Pigeons are a GREAT EXPERIENCE! ENJOY!


----------



## carole (Oct 9, 2004)

can anbody point me in the right direction what a good pigeon house looks like


----------



## Victor (Dec 18, 2004)

John_D said:


> We have some ex-racers who were unwanted - found injured or just worn out. They are lovely birds, and having settled in our aviary, found mates and claimed their territory, they show absolutely no interest in the great outside. They are so gentle with their hens and just seem to dote on them - big, beefy pigeons with soft hearts
> 
> John


I too have an older ex racer that wandered off for almost 2 years and fell ill till he was rescued by another PT member about a year ago, and he too found his mate (or she found him?) and as big and stocky as Paris is, he too is such a gentleman pigeon. He tries to get along with the guy pigeons as well. He has a very distinctive personality. He still will not free fly to my head or arm, but will eat out of my hand or will accept a treat from my fingers. 

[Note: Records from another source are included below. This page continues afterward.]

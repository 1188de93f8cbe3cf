-- ===== src/Scheduler/Manager.antt =====
-- internal/scheduler/scheduler_manager.go: the scanners of the enabled chains. The configuration, the
-- clients and the scanners are parameters, and so is what starting and stopping a scanner does to the
-- world.
pub mod Running
mod Tests
use smart_scanner.Common.{
  String, ◌≡◌, Bool, Option, none, some, List, [], ◌∷◌, Outcome, ok, err, ◌>>=◌, wrap, look_up,
  insert, remove, values,
}
use smart_scanner.Common.Actions.{Action}

pub data SchedulerError : Type 0 where
  no_scanners : SchedulerError
  scanner_missing scanner_exists : String → SchedulerError
  config_failed client_failed create_failed start_failed stop_failed : String → SchedulerError

pub record Scanners : Type 1 where
  pub Scanner : Type 0
  pub ChainConfig : Type 0
  pub Client : Type 0
  pub World : Type 0
  pub enabled_chains : List String
  pub get_chain_config : String → Outcome String ChainConfig
  pub get_client : String → Outcome String Client
  pub new_chain_scanner : String → Client → ChainConfig → Outcome String Scanner
  pub start_scanner : Scanner → Action World String (Unit {0})
  pub stop_scanner : Scanner → Action World String (Unit {0})

module _ (sc : Scanners) where
  open sc use {Scanner, World}

  abbrev pub ScannerMap : Type 0
  ScannerMap = List (String × Scanner)

  -- The scanner that is built for a chain.
  unfoldable pub build : String → Outcome SchedulerError Scanner
  build chain_id = do
    config ← wrap config_failed (sc.get_chain_config chain_id)
    client ← wrap client_failed (sc.get_client chain_id)
    wrap create_failed (sc.new_chain_scanner chain_id client config)

  -- The loop of `initializeScanners`: a chain whose scanner cannot be built is left out.
  unfoldable pub build_all : List String → ScannerMap → ScannerMap
  build_all [] m = m
  build_all (chain_id ∷ chains) m =
      build_all chains (elim (build chain_id) [ ok s ↦ insert chain_id s m | err e ↦ m ])

  unfoldable pub initialize_scanners : Outcome SchedulerError ScannerMap
  initialize_scanners =
      let m = build_all sc.enabled_chains [] in
      elim m [ [] ↦ err no_scanners | s ∷ rest ↦ ok (s ∷ rest) ]

  -- `Start`: a scanner that does not start is only logged.
  unfoldable pub start_all : List Scanner → World → World
  start_all [] w = w
  start_all (s ∷ ss) w = start_all ss (sc.start_scanner s w).1

  unfoldable pub start : ScannerMap → Action World SchedulerError (Unit {0})
  start m w = (ok tt, start_all (values m) w)

  -- `Stop`: every scanner, and the last error.
  unfoldable pub stop_all :
      List Scanner → Outcome String (Unit {0}) → Action World String (Unit {0})
  stop_all [] last w = (last, w)
  stop_all (s ∷ ss) last w =
      let (r, w') = sc.stop_scanner s w in stop_all ss (elim r [ ok u ↦ last | err e ↦ err e ]) w'

  unfoldable pub stop : ScannerMap → Action World String (Unit {0})
  stop m w = stop_all (values m) (ok tt) w

  unfoldable pub get_scanner : String → ScannerMap → Outcome SchedulerError Scanner
  get_scanner chain_id m = elim (look_up chain_id m) [
    | none ↦ err (scanner_missing chain_id)
    | some s ↦ ok s
  ]

  unfoldable pub restart_scanner : String → ScannerMap → Action World SchedulerError (Unit {0})
  restart_scanner chain_id m w = elim (look_up chain_id m) [
    | none ↦ (err (scanner_missing chain_id), w)
    | some s ↦
        let (r, w') = sc.stop_scanner s w in
        let (q, w'') = sc.start_scanner s w' in
        elim r [ err e ↦ (err (stop_failed e), w') | ok u ↦ (wrap start_failed q, w'') ]
  ]

  unfoldable pub add_scanner : String → Action (ScannerMap × World) SchedulerError (Unit {0})
  add_scanner chain_id (m, w) = elim (look_up chain_id m) [
    | some s ↦ (err (scanner_exists chain_id), (m, w))
    | none ↦ elim (build chain_id) [
      | err e ↦ (err e, (m, w))
      | ok s ↦
          let (r, w') = sc.start_scanner s w in
          elim r [
            | err e ↦ (err (start_failed e), (m, w'))
            | ok u ↦ (ok tt, (insert chain_id s m, w'))
          ]
    ]
  ]

  unfoldable pub remove_scanner : String → Action (ScannerMap × World) SchedulerError (Unit {0})
  remove_scanner chain_id (m, w) = elim (look_up chain_id m) [
    | none ↦ (err (scanner_missing chain_id), (m, w))
    | some s ↦
        let (r, w') = sc.stop_scanner s w in
        elim r [ err e ↦ (err (stop_failed e), (m, w')) | ok u ↦ (ok tt, (remove chain_id m, w')) ]
  ]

As far as pigeon housing, well that depends on what you want, can afford, and your living arrangements. As long as they can flap their wings freely width and depth is important, not so much height.I have a former ferret 2 level cage that I keep on hand for emergency rescues that may come up The center floor is intact, as the dimensions in height compared to length and width would not be acceptable for a pigeon to free fly at a comfortable level. The set up as will at least allow them to walk and spread/flap their wings. You can buy a nice size small animal cage or hutch and allow it to eat and sleep in it but a couple hours free flight time is important in the health and well being of a happy pigeon. I have 6 pet pigeons, and are set up in the same order in the back of their pigeon coop. They will go inside their cages when they are finished roaming. In the evening, we close the doors to their cages (we got ours at Walmart) and it helps keep the mess down too. When I had just one or two indoors it was not too much of a problem...but 6! Whew! At night ( and there have been a couple of days ) we turn on a space heater when it gets below 40 degrees. so when the heat is on...they are inside their quarters for safety's sake.One pigeon indoors, is not too much work though. Be sure he gets some good sunshine and bath time too.


----------



## mr squeaks (Apr 14, 2005)

For what it's worth...Squeaks has the run of my 600 sq. ft. apartment with THREE cats. BUT, his home is a small animal cage measuring 29" L x 21" W x 23" H and 17" off the floor.

A LOT depends on individual circumstances.

Hope this helps...


----------



## Victor (Dec 18, 2004)

Shi, I believe those are the same dimensions as mine. We must shop at the same place?


----------



## mr squeaks (Apr 14, 2005)

Victor said:


> Shi, I believe those are the same dimensions as mine. We must shop at the same place?


LOL...nope...you, CINDY & CHUCK must shop at the same place! Cindy and Chuck were nice enough to give me Squeak's current home. I had him in another small animal cage but this one is MUCH nicer!

Squeaks has enough room to do his wing exercises before he's out and about.


----------



## Coolpigeon (Feb 2, 2006)

That was very nice of them Mister Sqeeks.


----------